━━ Material for this task ━━
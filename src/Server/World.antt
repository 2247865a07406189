-- ===== src/Server/World.antt =====
-- The server's state: the sessions by the pointers that rooms and the listener hold, and the room
-- manager, with the calls that rooms make on sessions.
use live_streaming.Base.{ℕ, List, [], ◌∷◌, none, some, Map, update}
use live_streaming.Result.{Result, ok, faults, ◌>>=◌}
use live_streaming.Room.{Send, send_meta_data, send_media_data}
use live_streaming.Room.Manager.{RoomManager}
use live_streaming.Session.{RtmpSession, Environment}
use live_streaming.Session

pub record World : Type 0 where
  pub sessions : Map RtmpSession
  pub manager : RoomManager

-- A method call through a session pointer; one that dangles is undefined behaviour.
unfoldable pub on_session : ℕ → (RtmpSession → Result RtmpSession) → World → Result World
on_session key f w = elim (w.sessions key) [
  | none ↦ faults
  | some s ↦ f s >>= λ s'. ok (record w { sessions = update w.sessions key s' })
]

unfoldable pub make_send : Environment → Send → World → Result World
unfolding on_session
make_send env (send_meta_data key payload) w =
    on_session key (Session.send_meta_data env key payload) w
make_send env (send_media_data key type timestamp payload) w =
    on_session key (Session.send_media_data env key type timestamp payload) w

unfoldable pub make_sends : Environment → List Send → World → Result World
make_sends env [] w = ok w
make_sends env (x ∷ xs) w = make_send env x w >>= make_sends env xs
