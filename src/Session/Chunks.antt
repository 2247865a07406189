-- ===== src/Session/Chunks.antt =====
-- server/rtmp.cc, RTMPSession::OnReadInHandeShakeDoneState: one chunk off the read buffer, up to the
-- call of HandleMessage, and what follows that call.
use live_streaming.Base.{
  ℕ, ◌+◌, ◌-◌, ◌*◌, ◌%◌, ◌^◌, Bool, [], ◌++◌, ◌==◌, ltb, if◌then◌else◌, length, Option, none, some,
  update, erase_key, min,
}
use live_streaming.Result.{Result, ok, throws}
use live_streaming.Stream.{
  ByteStream, Stream, ◌>>=◌, pure, pop_bytes, pop_raw, remain, open_stream, commit,
}
use live_streaming.Chunk.{
  ChunkHeader, ChunkCommon, Message, new_header, extended_mark, deserialize_header,
}
use live_streaming.Session.{RtmpSession}

-- A step on a stream that may find the peer at fault (`return false`).
abbrev pub Checked : Type 0 → Type 0
Checked A = Stream (Option A)

-- The header completed from the last chunk of the same chunk stream.
unfoldable pub complete_header : ChunkHeader → Option ChunkCommon → Checked ChunkHeader
complete_header h previous =
    let c = h.common in
    if h.basic.format == 0 then pure (some h) else elim previous [
      | none ↦ pure none
      | some p ↦
          if h.basic.format == 1
          then pure
              (some (record h { common = record c { message_stream_id = p.message_stream_id } }))
          else if h.basic.format == 2
          then pure (
              some (record h {
                common = record c {
                  length = p.length;
                  type = p.type;
                  message_stream_id = p.message_stream_id;
                };
              }))
          else if p.timestamp == extended_mark
          then (do
            extended ← pop_bytes 4 h.extended_timestamp
            pure (some (record h { common = p; extended_timestamp = extended })))
          else pure (some (record h { common = p }))
    ]

-- GetMessageId. The shift leaves the low 32 bits free for the message stream id.
unfoldable pub get_message_id : ℕ → ℕ → ℕ
get_message_id csid msid = csid * 2 ^ 32 + msid

-- The timestamp of the message; `none` if there is none to add a delta to.
unfoldable pub message_timestamp : ChunkHeader → Option ℕ → Option ℕ
message_timestamp h previous =
    if h.basic.format == 0
    then some h.common.timestamp
    else elim previous [ none ↦ none | some t ↦ some ((t + h.common.timestamp) % 2 ^ 32) ]

-- The message that the chunk belongs to.
unfoldable pub message_of : ChunkHeader → ℕ → Option Message → Message
message_of h timestamp none = record {
  type = h.common.type;
  timestamp = timestamp;
  stream_id = h.common.message_stream_id;
  payload_length = h.common.length;
  payload = [];
}
message_of h timestamp (some m) = m

-- expect_data_len
unfoldable pub expected_length : ℕ → ChunkHeader → Option Message → ℕ
expected_length limit h none = min limit h.common.length
expected_length limit h (some m) =
    min limit ((m.payload_length + 2 ^ 64 - length m.payload) % 2 ^ 32)

-- A chunk that was taken: its chunk stream and message ids, the message with its data, the
-- timestamp, and the session without them.
pub record Taken : Type 0 where
  pub session : RtmpSession
  pub csid : ℕ
  pub msg_id : ℕ
  pub message : Message
  pub timestamp : ℕ

-- Everything is checked first, and then written: the message, the last chunk of the stream, the
-- buffer and, for a chunk with a full header, the timestamp.
unfoldable pub take_chunk : RtmpSession → ChunkHeader → Checked Taken
unfolding get_message_id message_timestamp message_of expected_length
take_chunk s h bs =
    let csid = h.basic.chunk_stream_id in
    let msg_id = get_message_id csid h.common.message_stream_id in
    let reading = s.reading_messages msg_id in
    let count = expected_length s.max_chunk_size h reading in
    elim (message_timestamp h (s.message_previous_timestamp msg_id)) [
      | none ↦ ok (none, bs)
      | some timestamp ↦
          if ltb (remain bs) count
          then throws
          else (do
            part ← pop_raw count
            let started = message_of h timestamp reading
            let message = record started { payload = started.payload ++ part }
            λ bs'. ok (
              some (record {
                session = record s {
                  read_data_buffer = (commit bs').bytes;
                  previous_chunk_commons = update s.previous_chunk_commons csid h.common;
                  reading_messages = update s.reading_messages msg_id message;
                  message_previous_timestamp =
                      if h.basic.format == 0
                      then update s.message_previous_timestamp msg_id timestamp
                      else s.message_previous_timestamp;
                };
                csid = csid;
                msg_id = msg_id;
                message = message;
                timestamp = timestamp;
              }),
              commit bs',
            ))
              bs
    ]

-- The read of one chunk. An exception leaves the buffer as it was, by the stream's destructor.
unfoldable pub read_chunk : RtmpSession → Result (Option Taken × ByteStream)
unfolding take_chunk complete_header
read_chunk s =
    (do
      h ← deserialize_header new_header
      completed ← complete_header h (s.previous_chunk_commons h.basic.chunk_stream_id)
      elim completed [ none ↦ pure none | some h' ↦ take_chunk s h' ])
      (open_stream s.read_data_buffer)

unfoldable pub is_complete : Message → Bool
is_complete m = length m.payload == m.payload_length

-- After HandleMessage: the message is dropped and its timestamp kept.
unfoldable pub finish_message : ℕ → ℕ → RtmpSession → RtmpSession
finish_message msg_id timestamp s = record s {
  reading_messages = erase_key s.reading_messages msg_id;
  message_previous_timestamp = update s.message_previous_timestamp msg_id timestamp;
}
━━━
How to complete this task: Repeat the records above in full, word for word.

Answer area:
filename src/Server/World.antt
repository 2247865a07406189
-- ===== src/Server/World.antt =====
-- The server's state: the sessions by the pointers that rooms and the listener hold, and the room
-- manager, with the calls that rooms make on sessions.
use live_streaming.Base.{ℕ, List, [], ◌∷◌, none, some, Map, update}
use live_streaming.Result.{Result, ok, faults, ◌>>=◌}
use live_streaming.Room.{Send, send_meta_data, send_media_data}
use live_streaming.Room.Manager.{RoomManager}
use live_streaming.Session.{RtmpSession, Environment}
use live_streaming.Session

pub record World : Type 0 where
  pub sessions : Map RtmpSession
  pub manager : RoomManager

-- A method call through a session pointer; one that dangles is undefined behaviour.
unfoldable pub on_session : ℕ → (RtmpSession → Result RtmpSession) → World → Result World
on_session key f w = elim (w.sessions key) [
  | none ↦ faults
  | some s ↦ f s >>= λ s'. ok (record w { sessions = update w.sessions key s' })
]

unfoldable pub make_send : Environment → Send → World → Result World
unfolding on_session
make_send env (send_meta_data key payload) w =
    on_session key (Session.send_meta_data env key payload) w
make_send env (send_media_data key type timestamp payload) w =
    on_session key (Session.send_media_data env key type timestamp payload) w

unfoldable pub make_sends : Environment → List Send → World → Result World
make_sends env [] w = ok w
make_sends env (x ∷ xs) w = make_send env x w >>= make_sends env xs
filename src/Session/Chunks.antt
repository 2247865a07406189
-- ===== src/Session/Chunks.antt =====
-- server/rtmp.cc, RTMPSession::OnReadInHandeShakeDoneState: one chunk off the read buffer, up to the
-- call of HandleMessage, and what follows that call.
use live_streaming.Base.{
  ℕ, ◌+◌, ◌-◌, ◌*◌, ◌%◌, ◌^◌, Bool, [], ◌++◌, ◌==◌, ltb, if◌then◌else◌, length, Option, none, some,
  update, erase_key, min,
}
use live_streaming.Result.{Result, ok, throws}
use live_streaming.Stream.{
  ByteStream, Stream, ◌>>=◌, pure, pop_bytes, pop_raw, remain, open_stream, commit,
}
use live_streaming.Chunk.{
  ChunkHeader, ChunkCommon, Message, new_header, extended_mark, deserialize_header,
}
use live_streaming.Session.{RtmpSession}

-- A step on a stream that may find the peer at fault (`return false`).
abbrev pub Checked : Type 0 → Type 0
Checked A = Stream (Option A)

-- The header completed from the last chunk of the same chunk stream.
unfoldable pub complete_header : ChunkHeader → Option ChunkCommon → Checked ChunkHeader
complete_header h previous =
    let c = h.common in
    if h.basic.format == 0 then pure (some h) else elim previous [
      | none ↦ pure none
      | some p ↦
          if h.basic.format == 1
          then pure
              (some (record h { common = record c { message_stream_id = p.message_stream_id } }))
          else if h.basic.format == 2
          then pure (
              some (record h {
                common = record c {
                  length = p.length;
                  type = p.type;
                  message_stream_id = p.message_stream_id;
                };
              }))
          else if p.timestamp == extended_mark
          then (do
            extended ← pop_bytes 4 h.extended_timestamp
            pure (some (record h { common = p; extended_timestamp = extended })))
          else pure (some (record h { common = p }))
    ]

-- GetMessageId. The shift leaves the low 32 bits free for the message stream id.
unfoldable pub get_message_id : ℕ → ℕ → ℕ
get_message_id csid msid = csid * 2 ^ 32 + msid

-- The timestamp of the message; `none` if there is none to add a delta to.
unfoldable pub message_timestamp : ChunkHeader → Option ℕ → Option ℕ
message_timestamp h previous =
    if h.basic.format == 0
    then some h.common.timestamp
    else elim previous [ none ↦ none | some t ↦ some ((t + h.common.timestamp) % 2 ^ 32) ]

-- The message that the chunk belongs to.
unfoldable pub message_of : ChunkHeader → ℕ → Option Message → Message
message_of h timestamp none = record {
  type = h.common.type;
  timestamp = timestamp;
  stream_id = h.common.message_stream_id;
  payload_length = h.common.length;
  payload = [];
}
message_of h timestamp (some m) = m

-- expect_data_len
unfoldable pub expected_length : ℕ → ChunkHeader → Option Message → ℕ
expected_length limit h none = min limit h.common.length
expected_length limit h (some m) =
    min limit ((m.payload_length + 2 ^ 64 - length m.payload) % 2 ^ 32)

-- A chunk that was taken: its chunk stream and message ids, the message with its data, the
-- timestamp, and the session without them.
pub record Taken : Type 0 where
  pub session : RtmpSession
  pub csid : ℕ
  pub msg_id : ℕ
  pub message : Message
  pub timestamp : ℕ

-- Everything is checked first, and then written: the message, the last chunk of the stream, the
-- buffer and, for a chunk with a full header, the timestamp.
unfoldable pub take_chunk : RtmpSession → ChunkHeader → Checked Taken
unfolding get_message_id message_timestamp message_of expected_length
take_chunk s h bs =
    let csid = h.basic.chunk_stream_id in
    let msg_id = get_message_id csid h.common.message_stream_id in
    let reading = s.reading_messages msg_id in
    let count = expected_length s.max_chunk_size h reading in
    elim (message_timestamp h (s.message_previous_timestamp msg_id)) [
      | none ↦ ok (none, bs)
      | some timestamp ↦
          if ltb (remain bs) count
          then throws
          else (do
            part ← pop_raw count
            let started = message_of h timestamp reading
            let message = record started { payload = started.payload ++ part }
            λ bs'. ok (
              some (record {
                session = record s {
                  read_data_buffer = (commit bs').bytes;
                  previous_chunk_commons = update s.previous_chunk_commons csid h.common;
                  reading_messages = update s.reading_messages msg_id message;
                  message_previous_timestamp =
                      if h.basic.format == 0
                      then update s.message_previous_timestamp msg_id timestamp
                      else s.message_previous_timestamp;
                };
                csid = csid;
                msg_id = msg_id;
                message = message;
                timestamp = timestamp;
              }),
              commit bs',
            ))
              bs
    ]

-- The read of one chunk. An exception leaves the buffer as it was, by the stream's destructor.
unfoldable pub read_chunk : RtmpSession → Result (Option Taken × ByteStream)
unfolding take_chunk complete_header
read_chunk s =
    (do
      h ← deserialize_header new_header
      completed ← complete_header h (s.previous_chunk_commons h.basic.chunk_stream_id)
      elim completed [ none ↦ pure none | some h' ↦ take_chunk s h' ])
      (open_stream s.read_data_buffer)

unfoldable pub is_complete : Message → Bool
is_complete m = length m.payload == m.payload_length

-- After HandleMessage: the message is dropped and its timestamp kept.
unfoldable pub finish_message : ℕ → ℕ → RtmpSession → RtmpSession
finish_message msg_id timestamp s = record s {
  reading_messages = erase_key s.reading_messages msg_id;
  message_previous_timestamp = update s.message_previous_timestamp msg_id timestamp;
}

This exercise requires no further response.